== TASK ==
For the entries below, report every line that includes the word "Text".

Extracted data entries
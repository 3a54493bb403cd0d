-- ===== src/Controller/Panic/Whole.antt =====
-- The panics of handleDeleteClaim and of syncHandler.
use lib_bucket_provisioner.Base.{
  Text, Bool, true, false, Option, none, some, List, [], ◌∷◌, ◌≡◌, refl, is_none, not, inl,
}
use lib_bucket_provisioner.V1alpha1.{
  ObjectBucketClaim, ObjectBucket, StorageClass, ConfigMap, Secret,
}
use lib_bucket_provisioner.Cluster.Error.{Error, Reply, done, failed, is_not_found}
use lib_bucket_provisioner.Cluster.Event.{Event, Trace, bucket_status_updated}
use lib_bucket_provisioner.Cluster.Env.{Env}
use lib_bucket_provisioner.Cluster.Monad.{Outcome, panic, World, pure}
use lib_bucket_provisioner.Cluster.Triple.{
  Post, Triple-bind, Triple-call, Triple-map_error, Triple-if, Triple-pure, Triple-raise,
  Triple-deref,
}
use lib_bucket_provisioner.Cluster.Calm.{Calm, calm, OnCrash, Anyhow, Calm-Triple, Triple-Calm}
use lib_bucket_provisioner.Cluster.Ordered.{Any, Any-map, Any-Lasting}
use lib_bucket_provisioner.Helpers.Lookups.{
  claim_for_key, storage_class_for_claim, is_new_bucket_by_object_bucket,
  storage_class_for_object_bucket, config_map_for_claim_key, secret_for_claim_key,
}
use lib_bucket_provisioner.Handlers.Calm as handlers
use lib_bucket_provisioner.Handlers.Emits as emits
use lib_bucket_provisioner.Handlers.Update.{
  update_object_bucket_claim_phase, update_object_bucket_phase,
}
use lib_bucket_provisioner.Controller.Resources.{
  Controller, supported_provisioner, object_bucket_for_claim_key, get_resources_from_key,
  get_existing_resources_from_key,
}
use lib_bucket_provisioner.Controller.Delete.{
  return_error, delete_resources, wants_delete, deprovision, release_bucket, release_resources,
  fail_if_any, handle_delete_claim,
}
use lib_bucket_provisioner.Controller.Sync.{
  mark_pending, provision_claim, dispatch_claim, sync_found, sync_handler,
}
use lib_bucket_provisioner.Controller.Sync.Order.{fresh}
use lib_bucket_provisioner.Controller.Panic.{NilPointer, Explained}
use lib_bucket_provisioner.Controller.Panic.Provision.{handle_provision_claim-Explained}

abbrev StatusAnswer : ObjectBucket → Event → Type 0
StatusAnswer ob (bucket_status_updated sent (done answer)) = answer ≡ ob
StatusAnswer ob _ = ⊥

StatusAnswer-NilPointer :
    (E : Env) (ob : ObjectBucket) (e : Event)
    → ob.spec.reclaim_policy ≡ none
    → StatusAnswer ob e
    → NilPointer E e
StatusAnswer-NilPointer E ob (bucket_status_updated sent (done answer)) h r = rw r h
StatusAnswer-NilPointer E ob _ h r = absurd r

module _ {E : Env} where
  return_error-Calm : (e : Option Error) → Calm (return_error {E = E} e)
  unfolding return_error
  return_error-Calm none = search calm
  return_error-Calm (some e) = search calm

  delete_resources-Calm :
      (ob : Option ObjectBucket) (cm : Option ConfigMap) (s : Option Secret)
      (obc : Option ObjectBucketClaim)
      → Calm (delete_resources {E = E} ob cm s obc)
  unfolding delete_resources
  delete_resources-Calm ob cm s obc =
      search
        (
          calm, return_error-Calm, handlers.delete_object_bucket-Calm, handlers.release_secret-Calm,
          handlers.release_config_map-Calm, handlers.release_claim-Calm,
        )
        depth 8

  is_new_bucket-Calm : (ob : ObjectBucket) → Calm (is_new_bucket_by_object_bucket {E = E} ob)
  unfolding is_new_bucket_by_object_bucket storage_class_for_object_bucket
  is_new_bucket-Calm ob = search calm depth 8

  wants_delete-Explained :
      (ob : ObjectBucket) (new : Bool)
      → Explained {E = E} (λ w. Any (StatusAnswer ob) w.trace) (wants_delete ob new) Anyhow
  unfolding wants_delete
  wants_delete-Explained ob false = Triple-pure _ (λ w a. tt)
  wants_delete-Explained ob true =
      Triple-bind {Q' = Anyhow}
        (Triple-deref ob.spec.reclaim_policy (λ a w e p. tt)
          (λ w e p. Any-map w.trace (λ x. StatusAnswer-NilPointer E ob x e) p))
        λ policy. Triple-pure _ (λ w a. tt)

  deprovision-Explained :
      (ob : ObjectBucket)
      → Explained {E = E} (λ w. Any (StatusAnswer ob) w.trace) (deprovision ob) Anyhow
  unfolding deprovision
  deprovision-Explained ob =
      Triple-bind {Q' = λ _ w. Any (StatusAnswer ob) w.trace}
        (Triple-Calm _ (Any-Lasting (StatusAnswer ob)) (is_new_bucket-Calm ob)
          (emits.is_new_bucket-Emits _ (λ n r. tt) ob))
        λ new.
          Triple-bind {Q' = Anyhow} (wants_delete-Explained ob new)
            λ delete. Calm-Triple _ (search calm)

  release_bucket-Explained :
      (found : ObjectBucket) (cm : Option ConfigMap) (s : Option Secret) (obc : ObjectBucketClaim)
      → Explained {E = E} (Anyhow tt) (release_bucket found cm s obc) Anyhow
  unfolding release_bucket update_object_bucket_phase
  release_bucket-Explained found cm s obc =
      Triple-bind {Q' = λ ob w. Any (StatusAnswer ob) w.trace}
        (Triple-map_error _ (Triple-call _ _ (λ w a s k e. inl refl) (λ w a s k e. tt)))
        λ ob.
          Triple-bind {Q' = Anyhow} (deprovision-Explained ob)
            λ _. Calm-Triple _ (delete_resources-Calm (some ob) cm s (some obc))

  release_resources-Explained :
      (ob : Option ObjectBucket) (cm : Option ConfigMap) (s : Option Secret)
      (obc : ObjectBucketClaim)
      → Explained {E = E} (Anyhow tt) (release_resources ob cm s obc) Anyhow
  unfolding release_resources
  release_resources-Explained none cm s obc =
      Calm-Triple _ (delete_resources-Calm none cm s (some obc))
  release_resources-Explained (some ob) cm s obc =
      elim ob.spec.reclaim_policy
        as (λ policy.
          Explained {E = E} (Anyhow tt)
            (elim policy [ none ↦ pure tt | some _ ↦ release_bucket ob cm s obc ]) Anyhow) [
              | none ↦ Triple-pure _ (λ w a. tt)
              | some _ ↦ release_bucket-Explained ob cm s obc
            ]

  fail_if_any-Calm : (errs : List Error) → Calm (fail_if_any {E = E} errs)
  unfolding fail_if_any
  fail_if_any-Calm [] = search calm
  fail_if_any-Calm (e ∷ errs) = search calm

  get_existing_resources-Calm : (key : Text) → Calm (get_existing_resources_from_key {E = E} key)
  unfolding get_existing_resources_from_key get_resources_from_key object_bucket_for_claim_key
      config_map_for_claim_key secret_for_claim_key
  get_existing_resources-Calm key = search calm depth 9

  handle_delete_claim-Explained :
      (key : Text) (obc : ObjectBucketClaim)
      → Explained {E = E} (Anyhow tt) (handle_delete_claim key obc) Anyhow
  unfolding handle_delete_claim
  handle_delete_claim-Explained key obc =
      Triple-bind {Q' = Anyhow} (Calm-Triple _ (get_existing_resources-Calm key)) λ r.
        Triple-bind {Q' = Anyhow} (Calm-Triple _ (fail_if_any-Calm r.errs))
          λ _. release_resources-Explained r.ob r.cm r.secret obc

  storage_class-Calm : (obc : Option ObjectBucketClaim) → Calm (storage_class_for_claim {E = E} obc)
  unfolding storage_class_for_claim
  storage_class-Calm none = search calm
  storage_class-Calm (some obc) = search calm

  provision_claim-Explained :
      (c : Controller) (key : Text) (obc : ObjectBucketClaim) (class : StorageClass)
      → Explained {E = E} (Anyhow tt) (provision_claim c key obc class) Anyhow
  unfolding provision_claim mark_pending update_object_bucket_claim_phase
  provision_claim-Explained c key obc class =
      Triple-bind {Q' = Anyhow} (Calm-Triple _ (search calm))
        λ pending. handle_provision_claim-Explained c key pending class

  dispatch_claim-Explained :
      (c : Controller) (key : Text) (obc : ObjectBucketClaim) (class : StorageClass)
      → Explained {E = E} (Anyhow tt) (dispatch_claim c key obc class) Anyhow
  unfolding dispatch_claim
  dispatch_claim-Explained c key obc class =
      Triple-if (not (supported_provisioner c class.provisioner)) (λ _. Triple-pure _ (λ w a. tt))
        (λ _.
          Triple-if (not (is_none obc.meta.deletion_timestamp))
            (λ _. handle_delete_claim-Explained key obc)
            (λ _. provision_claim-Explained c key obc class))

  sync_found-Explained :
      (c : Controller) (key : Text) (r : Reply ObjectBucketClaim)
      → Explained {E = E} (Anyhow tt) (sync_found c key r) Anyhow
  unfolding sync_found
  sync_found-Explained c key (failed e) =
      Triple-if (is_not_found e) (λ _. Triple-pure _ (λ w a. tt)) (λ _. Triple-raise _ (λ w a. tt))
  sync_found-Explained c key (done obc) =
      Triple-bind {Q' = Anyhow} (Calm-Triple _ (storage_class-Calm (some obc)))
        (dispatch_claim-Explained c key obc)

  sync_handler-Explained :
      (c : Controller) (key : Text) → Explained {E = E} (Anyhow tt) (sync_handler c key) Anyhow
  unfolding sync_handler claim_for_key
  sync_handler-Explained c key =
      Triple-bind {Q' = Anyhow} (Calm-Triple _ (search calm)) (sync_found-Explained c key)

panicked :
    {E : Env} (K : Trace → Type 0) (r : Outcome (Unit {0})) (w : World E)
    → Post Anyhow (OnCrash K) r w
    → r ≡ panic
    → K w.trace
panicked K r w p h = rw h at p

-- A run of syncHandler that ends in a panic has got an object bucket with a nil pointer: one from the
-- API server without a connection or an endpoint, one from Provision or Grant without a connection,
-- one as the answer to a status update without a reclaim policy, or, if the client's UpdateStatus
-- returns nil beside an error, the result of a status update that has failed.
pub sync_handler-panic :
    (E : Env) (c : Controller) (key : Text) (s : E.State)
    → (sync_handler {E = E} c key (fresh s)).0 ≡ panic
    → Any (NilPointer E) (sync_handler {E = E} c key (fresh s)).1.trace
sync_handler-panic E c key s h =
    let w : World E = fresh s in
    panicked (Any (NilPointer E)) (sync_handler c key w).0 (sync_handler c key w).1
      ((sync_handler-Explained c key).at w tt) h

== TASK RESULT ==
  Text, Bool, true, false, Option, none, some, List, [], ◌∷◌, ◌≡◌, refl, is_none, not, inl,
  get_existing_resources-Calm : (key : Text) → Calm (get_existing_resources_from_key {E = E} key)
      (key : Text) (obc : ObjectBucketClaim)
      (c : Controller) (key : Text) (obc : ObjectBucketClaim) (class : StorageClass)
      (c : Controller) (key : Text) (obc : ObjectBucketClaim) (class : StorageClass)
      (c : Controller) (key : Text) (r : Reply ObjectBucketClaim)
      (c : Controller) (key : Text) → Explained {E = E} (Anyhow tt) (sync_handler c key) Anyhow
    (E : Env) (c : Controller) (key : Text) (s : E.State)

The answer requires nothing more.